**PROBLEM DESCRIPTION**
Your task is to copy the lines of the data below from the line holding "filename src/Chat/Message.antt" through the line holding "pub data Request : Type 0 where", inclusive, exactly and with nothing added.

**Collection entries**
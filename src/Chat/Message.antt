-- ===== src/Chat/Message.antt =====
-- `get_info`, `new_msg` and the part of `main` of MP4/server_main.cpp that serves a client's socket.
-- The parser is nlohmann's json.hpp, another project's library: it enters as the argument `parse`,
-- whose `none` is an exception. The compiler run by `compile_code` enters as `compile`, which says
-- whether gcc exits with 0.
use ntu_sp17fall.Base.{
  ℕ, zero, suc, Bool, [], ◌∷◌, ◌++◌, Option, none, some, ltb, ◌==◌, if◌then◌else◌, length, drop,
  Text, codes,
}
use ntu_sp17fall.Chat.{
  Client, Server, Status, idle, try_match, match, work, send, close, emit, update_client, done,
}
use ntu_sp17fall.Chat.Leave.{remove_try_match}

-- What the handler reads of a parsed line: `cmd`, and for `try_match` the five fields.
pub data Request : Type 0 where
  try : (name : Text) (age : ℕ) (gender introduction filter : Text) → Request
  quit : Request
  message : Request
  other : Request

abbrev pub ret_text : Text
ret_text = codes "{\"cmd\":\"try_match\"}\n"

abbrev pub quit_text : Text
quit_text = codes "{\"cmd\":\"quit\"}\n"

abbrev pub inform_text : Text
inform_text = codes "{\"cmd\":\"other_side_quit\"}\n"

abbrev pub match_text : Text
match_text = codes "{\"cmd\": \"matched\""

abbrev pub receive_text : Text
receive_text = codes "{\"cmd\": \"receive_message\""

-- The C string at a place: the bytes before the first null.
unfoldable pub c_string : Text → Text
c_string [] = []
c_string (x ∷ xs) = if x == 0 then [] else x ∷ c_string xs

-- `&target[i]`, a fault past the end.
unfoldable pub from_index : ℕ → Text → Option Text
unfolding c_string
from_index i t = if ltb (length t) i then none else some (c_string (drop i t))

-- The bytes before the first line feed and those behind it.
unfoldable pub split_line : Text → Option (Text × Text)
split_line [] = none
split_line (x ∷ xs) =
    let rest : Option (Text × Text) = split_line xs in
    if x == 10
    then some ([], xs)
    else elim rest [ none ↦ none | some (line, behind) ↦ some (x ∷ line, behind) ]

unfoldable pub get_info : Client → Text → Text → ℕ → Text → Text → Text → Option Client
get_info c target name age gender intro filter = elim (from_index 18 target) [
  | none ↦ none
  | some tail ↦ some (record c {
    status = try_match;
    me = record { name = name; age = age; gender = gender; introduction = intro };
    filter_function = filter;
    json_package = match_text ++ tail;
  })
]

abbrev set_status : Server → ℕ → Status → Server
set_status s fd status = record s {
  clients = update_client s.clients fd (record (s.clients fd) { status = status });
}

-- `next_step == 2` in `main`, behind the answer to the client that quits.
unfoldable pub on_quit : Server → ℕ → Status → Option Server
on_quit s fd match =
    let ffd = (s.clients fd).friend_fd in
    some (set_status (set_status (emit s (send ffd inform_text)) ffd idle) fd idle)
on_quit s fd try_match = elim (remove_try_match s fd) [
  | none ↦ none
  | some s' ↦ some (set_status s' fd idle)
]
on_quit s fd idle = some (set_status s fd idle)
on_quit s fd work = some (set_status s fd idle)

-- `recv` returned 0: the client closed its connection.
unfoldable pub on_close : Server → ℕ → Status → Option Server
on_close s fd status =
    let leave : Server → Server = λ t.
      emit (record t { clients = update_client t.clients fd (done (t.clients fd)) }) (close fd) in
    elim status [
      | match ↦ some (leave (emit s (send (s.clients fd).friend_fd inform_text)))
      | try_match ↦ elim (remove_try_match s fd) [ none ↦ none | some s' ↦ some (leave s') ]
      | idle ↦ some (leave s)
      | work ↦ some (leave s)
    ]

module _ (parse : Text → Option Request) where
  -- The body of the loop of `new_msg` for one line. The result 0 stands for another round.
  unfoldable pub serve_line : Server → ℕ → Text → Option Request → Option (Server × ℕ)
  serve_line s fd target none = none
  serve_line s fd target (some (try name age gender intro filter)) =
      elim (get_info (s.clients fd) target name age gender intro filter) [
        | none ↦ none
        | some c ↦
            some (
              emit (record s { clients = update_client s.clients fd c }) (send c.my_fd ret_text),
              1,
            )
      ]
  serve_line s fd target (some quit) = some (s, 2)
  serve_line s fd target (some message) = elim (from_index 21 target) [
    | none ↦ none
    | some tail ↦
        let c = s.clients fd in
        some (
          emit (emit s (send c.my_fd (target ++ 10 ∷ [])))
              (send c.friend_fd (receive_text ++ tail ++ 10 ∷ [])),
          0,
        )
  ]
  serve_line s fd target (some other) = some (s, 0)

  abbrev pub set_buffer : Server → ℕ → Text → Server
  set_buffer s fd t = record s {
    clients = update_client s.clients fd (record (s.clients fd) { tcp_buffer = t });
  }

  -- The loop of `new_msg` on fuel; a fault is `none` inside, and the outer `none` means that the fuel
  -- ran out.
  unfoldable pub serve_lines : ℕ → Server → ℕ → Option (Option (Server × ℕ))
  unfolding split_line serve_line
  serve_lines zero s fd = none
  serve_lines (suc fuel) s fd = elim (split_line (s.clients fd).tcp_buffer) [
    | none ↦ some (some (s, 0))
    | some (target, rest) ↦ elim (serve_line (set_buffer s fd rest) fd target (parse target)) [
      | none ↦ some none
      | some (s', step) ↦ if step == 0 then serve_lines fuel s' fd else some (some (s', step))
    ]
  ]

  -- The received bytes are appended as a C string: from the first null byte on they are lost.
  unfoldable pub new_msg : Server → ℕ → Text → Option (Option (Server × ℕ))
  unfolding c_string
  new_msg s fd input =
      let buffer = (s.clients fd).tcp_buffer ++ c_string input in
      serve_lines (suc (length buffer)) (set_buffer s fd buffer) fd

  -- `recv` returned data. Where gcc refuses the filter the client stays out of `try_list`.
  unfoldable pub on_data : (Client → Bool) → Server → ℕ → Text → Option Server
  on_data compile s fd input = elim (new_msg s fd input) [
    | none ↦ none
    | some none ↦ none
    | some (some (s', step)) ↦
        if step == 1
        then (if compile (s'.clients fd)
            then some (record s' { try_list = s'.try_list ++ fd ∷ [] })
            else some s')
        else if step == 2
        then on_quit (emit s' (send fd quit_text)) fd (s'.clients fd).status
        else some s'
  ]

--

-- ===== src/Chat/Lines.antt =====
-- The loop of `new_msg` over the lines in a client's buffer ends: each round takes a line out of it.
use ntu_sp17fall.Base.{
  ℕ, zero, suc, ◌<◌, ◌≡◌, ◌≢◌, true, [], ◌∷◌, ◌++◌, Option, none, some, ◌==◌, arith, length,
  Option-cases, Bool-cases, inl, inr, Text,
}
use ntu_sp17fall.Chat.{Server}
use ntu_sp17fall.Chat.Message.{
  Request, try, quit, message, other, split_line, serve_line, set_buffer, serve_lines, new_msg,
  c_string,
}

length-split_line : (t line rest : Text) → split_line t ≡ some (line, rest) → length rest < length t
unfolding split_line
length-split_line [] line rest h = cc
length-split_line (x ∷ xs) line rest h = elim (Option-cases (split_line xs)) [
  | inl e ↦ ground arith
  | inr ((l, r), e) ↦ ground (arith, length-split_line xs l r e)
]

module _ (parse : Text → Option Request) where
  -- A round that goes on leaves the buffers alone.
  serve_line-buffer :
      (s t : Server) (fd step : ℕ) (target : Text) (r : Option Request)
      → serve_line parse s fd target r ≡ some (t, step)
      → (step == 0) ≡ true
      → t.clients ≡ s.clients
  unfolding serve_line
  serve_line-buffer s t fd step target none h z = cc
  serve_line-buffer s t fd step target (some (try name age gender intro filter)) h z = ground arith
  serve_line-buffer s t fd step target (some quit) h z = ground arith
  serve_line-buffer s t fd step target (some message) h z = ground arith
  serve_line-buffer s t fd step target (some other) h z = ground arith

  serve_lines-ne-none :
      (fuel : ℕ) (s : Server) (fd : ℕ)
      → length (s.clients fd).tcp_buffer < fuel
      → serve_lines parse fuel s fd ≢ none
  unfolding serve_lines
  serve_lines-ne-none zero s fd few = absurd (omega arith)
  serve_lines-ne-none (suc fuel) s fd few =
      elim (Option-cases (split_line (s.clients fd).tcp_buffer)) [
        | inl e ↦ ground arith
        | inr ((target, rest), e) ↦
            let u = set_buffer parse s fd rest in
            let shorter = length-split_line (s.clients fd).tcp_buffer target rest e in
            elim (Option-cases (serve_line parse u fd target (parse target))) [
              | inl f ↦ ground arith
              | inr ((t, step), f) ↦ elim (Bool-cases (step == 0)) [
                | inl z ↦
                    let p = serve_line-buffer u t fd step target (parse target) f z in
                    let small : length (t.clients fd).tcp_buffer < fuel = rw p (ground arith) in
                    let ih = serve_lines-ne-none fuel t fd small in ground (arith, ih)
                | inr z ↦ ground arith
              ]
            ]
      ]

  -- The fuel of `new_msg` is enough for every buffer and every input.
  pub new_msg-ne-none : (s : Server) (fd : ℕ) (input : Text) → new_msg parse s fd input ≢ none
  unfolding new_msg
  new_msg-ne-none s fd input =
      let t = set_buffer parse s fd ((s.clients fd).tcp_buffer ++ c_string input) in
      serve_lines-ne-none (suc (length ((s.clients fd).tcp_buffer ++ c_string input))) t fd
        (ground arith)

* * *

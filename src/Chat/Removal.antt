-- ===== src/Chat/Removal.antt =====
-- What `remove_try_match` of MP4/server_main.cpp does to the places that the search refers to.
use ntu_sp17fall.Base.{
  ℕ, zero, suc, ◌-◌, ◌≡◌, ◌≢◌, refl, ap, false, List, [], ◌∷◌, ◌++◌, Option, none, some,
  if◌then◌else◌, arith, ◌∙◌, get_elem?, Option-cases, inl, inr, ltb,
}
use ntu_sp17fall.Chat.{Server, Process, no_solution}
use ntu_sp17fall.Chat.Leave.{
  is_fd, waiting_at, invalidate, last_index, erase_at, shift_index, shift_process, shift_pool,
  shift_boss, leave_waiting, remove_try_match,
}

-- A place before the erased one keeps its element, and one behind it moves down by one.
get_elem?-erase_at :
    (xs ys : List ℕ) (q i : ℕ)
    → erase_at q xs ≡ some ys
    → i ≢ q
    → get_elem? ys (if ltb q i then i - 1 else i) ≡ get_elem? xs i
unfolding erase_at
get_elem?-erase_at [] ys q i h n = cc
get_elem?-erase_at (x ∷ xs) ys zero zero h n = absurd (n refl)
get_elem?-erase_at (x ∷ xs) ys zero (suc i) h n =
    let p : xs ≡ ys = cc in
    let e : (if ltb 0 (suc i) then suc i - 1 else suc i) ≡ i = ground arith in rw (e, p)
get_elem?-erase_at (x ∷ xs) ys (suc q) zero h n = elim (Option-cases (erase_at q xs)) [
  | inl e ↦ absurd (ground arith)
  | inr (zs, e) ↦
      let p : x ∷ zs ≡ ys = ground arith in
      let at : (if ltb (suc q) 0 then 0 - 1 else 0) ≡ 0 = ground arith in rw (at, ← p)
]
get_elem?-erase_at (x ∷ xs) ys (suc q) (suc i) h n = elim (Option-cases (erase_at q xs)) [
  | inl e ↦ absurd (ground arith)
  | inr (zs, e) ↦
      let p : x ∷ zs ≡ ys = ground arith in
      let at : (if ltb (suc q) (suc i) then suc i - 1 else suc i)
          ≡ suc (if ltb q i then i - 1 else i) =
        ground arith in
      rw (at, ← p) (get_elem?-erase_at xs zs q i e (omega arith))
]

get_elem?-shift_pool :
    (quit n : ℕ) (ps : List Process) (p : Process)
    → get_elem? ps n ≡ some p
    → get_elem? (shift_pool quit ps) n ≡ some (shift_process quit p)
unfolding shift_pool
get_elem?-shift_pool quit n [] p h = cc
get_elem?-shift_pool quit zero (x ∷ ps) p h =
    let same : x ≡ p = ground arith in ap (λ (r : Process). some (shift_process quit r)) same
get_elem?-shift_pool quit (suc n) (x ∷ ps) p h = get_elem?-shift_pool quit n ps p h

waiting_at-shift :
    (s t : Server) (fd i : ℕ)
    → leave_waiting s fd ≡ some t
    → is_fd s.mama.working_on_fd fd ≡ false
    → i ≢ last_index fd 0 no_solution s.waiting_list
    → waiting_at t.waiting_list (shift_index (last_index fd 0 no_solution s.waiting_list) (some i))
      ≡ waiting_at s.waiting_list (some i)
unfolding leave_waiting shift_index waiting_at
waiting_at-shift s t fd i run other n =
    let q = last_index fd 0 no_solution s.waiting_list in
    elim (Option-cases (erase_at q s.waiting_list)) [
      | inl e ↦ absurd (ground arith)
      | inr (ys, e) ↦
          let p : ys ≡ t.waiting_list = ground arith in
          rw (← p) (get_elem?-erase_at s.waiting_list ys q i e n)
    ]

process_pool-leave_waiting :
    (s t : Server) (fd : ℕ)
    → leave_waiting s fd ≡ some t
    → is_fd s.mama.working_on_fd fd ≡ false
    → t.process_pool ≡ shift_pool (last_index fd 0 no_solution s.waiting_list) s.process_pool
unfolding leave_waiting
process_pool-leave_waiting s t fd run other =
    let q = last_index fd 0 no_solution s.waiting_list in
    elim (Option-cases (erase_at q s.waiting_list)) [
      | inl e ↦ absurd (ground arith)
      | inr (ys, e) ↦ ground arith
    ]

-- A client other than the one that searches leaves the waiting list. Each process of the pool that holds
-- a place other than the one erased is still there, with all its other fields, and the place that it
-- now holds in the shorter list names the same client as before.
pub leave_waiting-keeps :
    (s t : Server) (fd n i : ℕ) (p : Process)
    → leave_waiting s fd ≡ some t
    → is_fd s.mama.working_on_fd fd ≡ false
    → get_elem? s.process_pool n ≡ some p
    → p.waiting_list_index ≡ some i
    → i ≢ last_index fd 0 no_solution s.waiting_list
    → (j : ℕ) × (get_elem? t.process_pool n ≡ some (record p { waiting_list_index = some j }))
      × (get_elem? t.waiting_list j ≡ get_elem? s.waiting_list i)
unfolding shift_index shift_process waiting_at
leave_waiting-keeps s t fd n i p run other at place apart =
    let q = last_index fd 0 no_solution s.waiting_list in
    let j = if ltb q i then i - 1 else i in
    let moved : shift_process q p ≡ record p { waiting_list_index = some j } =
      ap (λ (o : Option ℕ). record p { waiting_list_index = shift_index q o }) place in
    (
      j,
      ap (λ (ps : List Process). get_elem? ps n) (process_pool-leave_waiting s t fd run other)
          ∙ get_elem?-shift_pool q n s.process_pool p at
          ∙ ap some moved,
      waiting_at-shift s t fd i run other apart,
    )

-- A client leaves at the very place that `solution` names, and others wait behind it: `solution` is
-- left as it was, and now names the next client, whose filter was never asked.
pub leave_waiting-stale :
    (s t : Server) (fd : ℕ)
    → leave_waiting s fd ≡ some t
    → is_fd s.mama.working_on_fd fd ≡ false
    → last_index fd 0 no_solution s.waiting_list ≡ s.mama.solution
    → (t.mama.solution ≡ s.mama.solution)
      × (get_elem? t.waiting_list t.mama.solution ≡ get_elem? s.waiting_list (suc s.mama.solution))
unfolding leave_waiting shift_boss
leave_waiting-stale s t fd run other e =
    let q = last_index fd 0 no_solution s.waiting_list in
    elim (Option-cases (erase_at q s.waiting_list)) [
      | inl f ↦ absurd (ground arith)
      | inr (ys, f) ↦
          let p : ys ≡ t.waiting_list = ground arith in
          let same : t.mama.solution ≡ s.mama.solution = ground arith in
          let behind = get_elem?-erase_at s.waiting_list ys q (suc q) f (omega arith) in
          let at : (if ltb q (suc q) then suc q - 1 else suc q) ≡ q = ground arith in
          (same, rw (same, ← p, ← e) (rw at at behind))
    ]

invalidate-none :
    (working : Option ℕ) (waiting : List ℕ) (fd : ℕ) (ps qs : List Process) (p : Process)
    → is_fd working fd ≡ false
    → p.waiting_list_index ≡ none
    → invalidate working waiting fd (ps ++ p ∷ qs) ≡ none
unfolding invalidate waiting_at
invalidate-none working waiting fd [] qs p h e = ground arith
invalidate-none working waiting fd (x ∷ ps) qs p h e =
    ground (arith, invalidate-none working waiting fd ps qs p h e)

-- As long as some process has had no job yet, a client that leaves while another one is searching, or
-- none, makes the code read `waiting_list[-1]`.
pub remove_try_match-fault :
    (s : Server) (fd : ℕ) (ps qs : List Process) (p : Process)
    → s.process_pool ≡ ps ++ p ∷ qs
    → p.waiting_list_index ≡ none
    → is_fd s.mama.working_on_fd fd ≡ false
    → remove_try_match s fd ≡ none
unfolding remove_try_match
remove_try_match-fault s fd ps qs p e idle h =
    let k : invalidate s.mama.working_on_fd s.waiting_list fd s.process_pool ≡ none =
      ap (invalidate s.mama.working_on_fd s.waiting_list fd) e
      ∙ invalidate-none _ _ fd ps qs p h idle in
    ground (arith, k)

**ANSWER BOX**
filename src/Chat/Message.antt
-- ===== src/Chat/Message.antt =====
-- `get_info`, `new_msg` and the part of `main` of MP4/server_main.cpp that serves a client's socket.
-- The parser is nlohmann's json.hpp, another project's library: it enters as the argument `parse`,
-- whose `none` is an exception. The compiler run by `compile_code` enters as `compile`, which says
-- whether gcc exits with 0.
use ntu_sp17fall.Base.{
  ℕ, zero, suc, Bool, [], ◌∷◌, ◌++◌, Option, none, some, ltb, ◌==◌, if◌then◌else◌, length, drop,
  Text, codes,
}
use ntu_sp17fall.Chat.{
  Client, Server, Status, idle, try_match, match, work, send, close, emit, update_client, done,
}
use ntu_sp17fall.Chat.Leave.{remove_try_match}

-- What the handler reads of a parsed line: `cmd`, and for `try_match` the five fields.
pub data Request : Type 0 where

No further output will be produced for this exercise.